Exercise -
Reproduce the entries below in full, word for word.

Input below:

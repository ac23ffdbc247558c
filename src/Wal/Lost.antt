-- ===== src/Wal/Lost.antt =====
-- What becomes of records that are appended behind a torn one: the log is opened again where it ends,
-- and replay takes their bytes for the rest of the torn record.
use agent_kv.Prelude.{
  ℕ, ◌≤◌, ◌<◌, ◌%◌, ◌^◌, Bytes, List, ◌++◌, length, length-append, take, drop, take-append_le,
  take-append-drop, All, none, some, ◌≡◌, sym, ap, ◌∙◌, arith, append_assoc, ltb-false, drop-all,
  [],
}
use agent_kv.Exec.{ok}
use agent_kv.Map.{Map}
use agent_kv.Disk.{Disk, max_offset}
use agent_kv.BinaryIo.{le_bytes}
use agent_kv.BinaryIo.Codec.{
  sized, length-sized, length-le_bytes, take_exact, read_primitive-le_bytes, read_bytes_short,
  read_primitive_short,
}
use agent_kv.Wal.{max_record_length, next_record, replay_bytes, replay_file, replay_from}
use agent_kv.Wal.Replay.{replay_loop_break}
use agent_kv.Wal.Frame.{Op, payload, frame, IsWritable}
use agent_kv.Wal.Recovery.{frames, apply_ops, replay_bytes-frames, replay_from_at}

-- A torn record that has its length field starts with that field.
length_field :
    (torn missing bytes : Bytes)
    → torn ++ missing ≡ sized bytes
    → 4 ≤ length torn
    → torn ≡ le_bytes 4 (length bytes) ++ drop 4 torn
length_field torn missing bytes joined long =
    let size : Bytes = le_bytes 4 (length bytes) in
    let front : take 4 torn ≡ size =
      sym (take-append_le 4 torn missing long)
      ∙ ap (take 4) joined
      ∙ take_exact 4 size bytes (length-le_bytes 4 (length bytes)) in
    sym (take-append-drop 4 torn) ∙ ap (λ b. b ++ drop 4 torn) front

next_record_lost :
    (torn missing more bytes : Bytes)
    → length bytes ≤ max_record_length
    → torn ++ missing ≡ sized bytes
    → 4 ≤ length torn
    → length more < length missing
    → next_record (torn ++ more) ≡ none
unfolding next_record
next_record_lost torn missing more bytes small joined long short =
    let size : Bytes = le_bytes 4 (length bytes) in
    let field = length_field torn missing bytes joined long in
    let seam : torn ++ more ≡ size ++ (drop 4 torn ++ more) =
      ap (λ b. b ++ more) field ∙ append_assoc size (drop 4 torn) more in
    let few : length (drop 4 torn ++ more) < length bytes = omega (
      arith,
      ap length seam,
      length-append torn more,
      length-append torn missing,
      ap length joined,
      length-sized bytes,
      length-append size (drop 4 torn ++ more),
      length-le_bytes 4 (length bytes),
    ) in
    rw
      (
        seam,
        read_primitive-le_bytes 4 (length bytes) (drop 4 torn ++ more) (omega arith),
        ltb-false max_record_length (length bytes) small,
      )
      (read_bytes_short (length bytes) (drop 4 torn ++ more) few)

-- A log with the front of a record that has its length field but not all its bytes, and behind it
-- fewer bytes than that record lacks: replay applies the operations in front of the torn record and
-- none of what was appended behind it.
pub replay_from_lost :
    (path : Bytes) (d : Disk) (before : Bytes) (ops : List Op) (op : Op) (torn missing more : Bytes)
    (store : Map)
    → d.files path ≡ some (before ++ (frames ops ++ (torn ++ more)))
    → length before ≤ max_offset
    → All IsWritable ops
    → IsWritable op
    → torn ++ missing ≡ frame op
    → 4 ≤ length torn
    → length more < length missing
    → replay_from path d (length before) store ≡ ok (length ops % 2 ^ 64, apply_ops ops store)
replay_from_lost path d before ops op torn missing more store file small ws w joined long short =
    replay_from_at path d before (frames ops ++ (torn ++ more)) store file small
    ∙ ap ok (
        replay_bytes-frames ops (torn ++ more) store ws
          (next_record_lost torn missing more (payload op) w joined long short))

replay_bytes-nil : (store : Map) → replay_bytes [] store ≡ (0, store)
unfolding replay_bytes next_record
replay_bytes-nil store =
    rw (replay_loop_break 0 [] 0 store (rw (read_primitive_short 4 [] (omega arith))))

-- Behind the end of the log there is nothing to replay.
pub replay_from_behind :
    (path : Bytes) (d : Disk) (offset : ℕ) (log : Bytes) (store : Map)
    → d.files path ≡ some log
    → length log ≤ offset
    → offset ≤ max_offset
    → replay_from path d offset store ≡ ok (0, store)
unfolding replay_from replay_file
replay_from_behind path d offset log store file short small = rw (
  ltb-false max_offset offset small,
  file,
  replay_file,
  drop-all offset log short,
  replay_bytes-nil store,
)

End of Input.

Answer to this problem -
repository ac23ffdbc247558c
filename src/Wal/Lost.antt
-- ===== src/Wal/Lost.antt =====
-- What becomes of records that are appended behind a torn one: the log is opened again where it ends,
-- and replay takes their bytes for the rest of the torn record.
use agent_kv.Prelude.{
  ℕ, ◌≤◌, ◌<◌, ◌%◌, ◌^◌, Bytes, List, ◌++◌, length, length-append, take, drop, take-append_le,
  take-append-drop, All, none, some, ◌≡◌, sym, ap, ◌∙◌, arith, append_assoc, ltb-false, drop-all,
  [],
}
use agent_kv.Exec.{ok}
use agent_kv.Map.{Map}
use agent_kv.Disk.{Disk, max_offset}
use agent_kv.BinaryIo.{le_bytes}
use agent_kv.BinaryIo.Codec.{
  sized, length-sized, length-le_bytes, take_exact, read_primitive-le_bytes, read_bytes_short,
  read_primitive_short,
}
use agent_kv.Wal.{max_record_length, next_record, replay_bytes, replay_file, replay_from}
use agent_kv.Wal.Replay.{replay_loop_break}
use agent_kv.Wal.Frame.{Op, payload, frame, IsWritable}
use agent_kv.Wal.Recovery.{frames, apply_ops, replay_bytes-frames, replay_from_at}

-- A torn record that has its length field starts with that field.
length_field :
    (torn missing bytes : Bytes)
    → torn ++ missing ≡ sized bytes
    → 4 ≤ length torn
    → torn ≡ le_bytes 4 (length bytes) ++ drop 4 torn
length_field torn missing bytes joined long =
    let size : Bytes = le_bytes 4 (length bytes) in
    let front : take 4 torn ≡ size =
      sym (take-append_le 4 torn missing long)
      ∙ ap (take 4) joined
      ∙ take_exact 4 size bytes (length-le_bytes 4 (length bytes)) in
    sym (take-append-drop 4 torn) ∙ ap (λ b. b ++ drop 4 torn) front

next_record_lost :
    (torn missing more bytes : Bytes)
    → length bytes ≤ max_record_length
    → torn ++ missing ≡ sized bytes
    → 4 ≤ length torn
    → length more < length missing
    → next_record (torn ++ more) ≡ none
unfolding next_record
next_record_lost torn missing more bytes small joined long short =
    let size : Bytes = le_bytes 4 (length bytes) in
    let field = length_field torn missing bytes joined long in
    let seam : torn ++ more ≡ size ++ (drop 4 torn ++ more) =
      ap (λ b. b ++ more) field ∙ append_assoc size (drop 4 torn) more in
    let few : length (drop 4 torn ++ more) < length bytes = omega (
      arith,
      ap length seam,
      length-append torn more,
      length-append torn missing,
      ap length joined,
      length-sized bytes,
      length-append size (drop 4 torn ++ more),
      length-le_bytes 4 (length bytes),
    ) in
    rw
      (
        seam,
        read_primitive-le_bytes 4 (length bytes) (drop 4 torn ++ more) (omega arith),
        ltb-false max_record_length (length bytes) small,
      )
      (read_bytes_short (length bytes) (drop 4 torn ++ more) few)

-- A log with the front of a record that has its length field but not all its bytes, and behind it
-- fewer bytes than that record lacks: replay applies the operations in front of the torn record and
-- none of what was appended behind it.
pub replay_from_lost :
    (path : Bytes) (d : Disk) (before : Bytes) (ops : List Op) (op : Op) (torn missing more : Bytes)
    (store : Map)
    → d.files path ≡ some (before ++ (frames ops ++ (torn ++ more)))
    → length before ≤ max_offset
    → All IsWritable ops
    → IsWritable op
    → torn ++ missing ≡ frame op
    → 4 ≤ length torn
    → length more < length missing
    → replay_from path d (length before) store ≡ ok (length ops % 2 ^ 64, apply_ops ops store)
replay_from_lost path d before ops op torn missing more store file small ws w joined long short =
    replay_from_at path d before (frames ops ++ (torn ++ more)) store file small
    ∙ ap ok (
        replay_bytes-frames ops (torn ++ more) store ws
          (next_record_lost torn missing more (payload op) w joined long short))

replay_bytes-nil : (store : Map) → replay_bytes [] store ≡ (0, store)
unfolding replay_bytes next_record
replay_bytes-nil store =
    rw (replay_loop_break 0 [] 0 store (rw (read_primitive_short 4 [] (omega arith))))

-- Behind the end of the log there is nothing to replay.
pub replay_from_behind :
    (path : Bytes) (d : Disk) (offset : ℕ) (log : Bytes) (store : Map)
    → d.files path ≡ some log
    → length log ≤ offset
    → offset ≤ max_offset
    → replay_from path d offset store ≡ ok (0, store)
unfolding replay_from replay_file
replay_from_behind path d offset log store file short small = rw (
  ltb-false max_offset offset small,
  file,
  replay_file,
  drop-all offset log short,
  replay_bytes-nil store,
)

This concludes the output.